Results from 10,000 Monte Carlo replicates are summarized in Table 3. The WMW and FP tests have similar power when s_y = 1 = s_x or m = n, but not when s_x = s_y and m = n, and the difference in power increases as sample sizes become more unbalanced between the two samples. There is a trade-off between the WMW and FP tests. When n > m, the FP test is more powerful when s_y > s_x and less powerful when s_y < s_x. In other words, the FP test is more powerful when the sample with a bigger sample size has a greater variance, and less powerful otherwise.

Table 3.

Estimated power (%) of the WMW and FP tests. The FP test uses the variance estimator based on formula (2). X ~ Logistic(0,1), Y ~ Logistic(μ_y,s_y). μ_y is set to 1, 1.2 and 0.8, respectively for the three s_y at m = 30 and 2, 2.4 and 1.6, respectively for the three s_y at m = 10 to achieve a comparable level of power.

s_y	n = m		n = 2m		n = 4m
	WMW	FP	WMW	FP	WMW	FP
normal approx., m = 30
1	57	59	71	72	79	79
2	38	38	49	57	58	75
0.5	60	59	71	64	77	67

permutation, m = 30
1	58	58	71	71	79	78
2	39	37	49	55	58	73
0.5	60	58	71	63	77	65

permutation, m = 10
1	64	66	80	79	87	84
2	43	44	59	64	70	80
0.5	66	66	79	72	85	73

Open in a new tab

A connection can be made between the power study in this section and the variance study in the previous section. Figure 1 shows that under the scenario n > m, when s_y is greater than s_x, the variance of U drops below V_mn. Thus $(U - 1 / 2) / \sqrt{\hat{V}}$ will tend to be greater than $(U - 1 / 2) / \sqrt{V_{mn}}$ . When the p-values are determined by comparing to the standard normal distribution, the FP test will reject the null more often than the WMW test.

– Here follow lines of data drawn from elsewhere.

-- ===== src/Webhooks.antt =====
-- backend/poi_admin/webhooks, and the part of backend/poi_admin/operations/worker.py that runs the
-- inbox of callbacks.
pub mod Model
pub mod Crypto
pub mod Inbox
pub mod Worker
pub mod Process
mod Tests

4 Combining the WMW and FP tests

That there is a trade-off between the WMW and FP tests should not come as a surprise. It is only natural that the power depends on the underlying distribution of the data. To improve the overall power, we propose a simple and effective way to combine the WMW and FP tests in a way that adapts to the underlying distribution (e.g. van der Vaart, 2000, p. 223). The idea is to divide U − 1/2 by the square root of min $(\hat{V}, V_{mn})$ , the lesser value between $\hat{V}$ , the estimated variance of U based on the data and V_mn, the theoretical variance of U under the null hypothesis.

If the N (0,1) reference distribution is used, the combined test would produce a statistic that is always the greater between the WMW and FP test statistics, and the test will reject the null when either the WMW or FP test rejects. A potential pitfall with such an approach is the possible inflation of the type 1 error rate when the normal reference distribution is used because min $(\hat{V}, V_{mn})$ is downward biased in finite samples (supplementary materials Figure D.4); the degree of inflation should tend to 0, however, as the sample sizes increase, because min $(\hat{V}, V_{mn})$ is a consistent estimate of V_mn as shown in the following theorem.

Theorem 1

Under the strong null hypothesis, as m and n go to infinity,

\min (\hat{V}, V_{mn}) - V_{mn} \to_{p} 0,

and

\frac{U - 1 / 2}{\sqrt{\min (\hat{V}, V_{mn})}} \to_{d} N (0, 1) .

The proof of the theorem is given in the supplementary materials Section 2. If the permutation reference distribution is used, the type 1 error rate should not be affected because the permutation reference distribution adapts to the combined test statistic.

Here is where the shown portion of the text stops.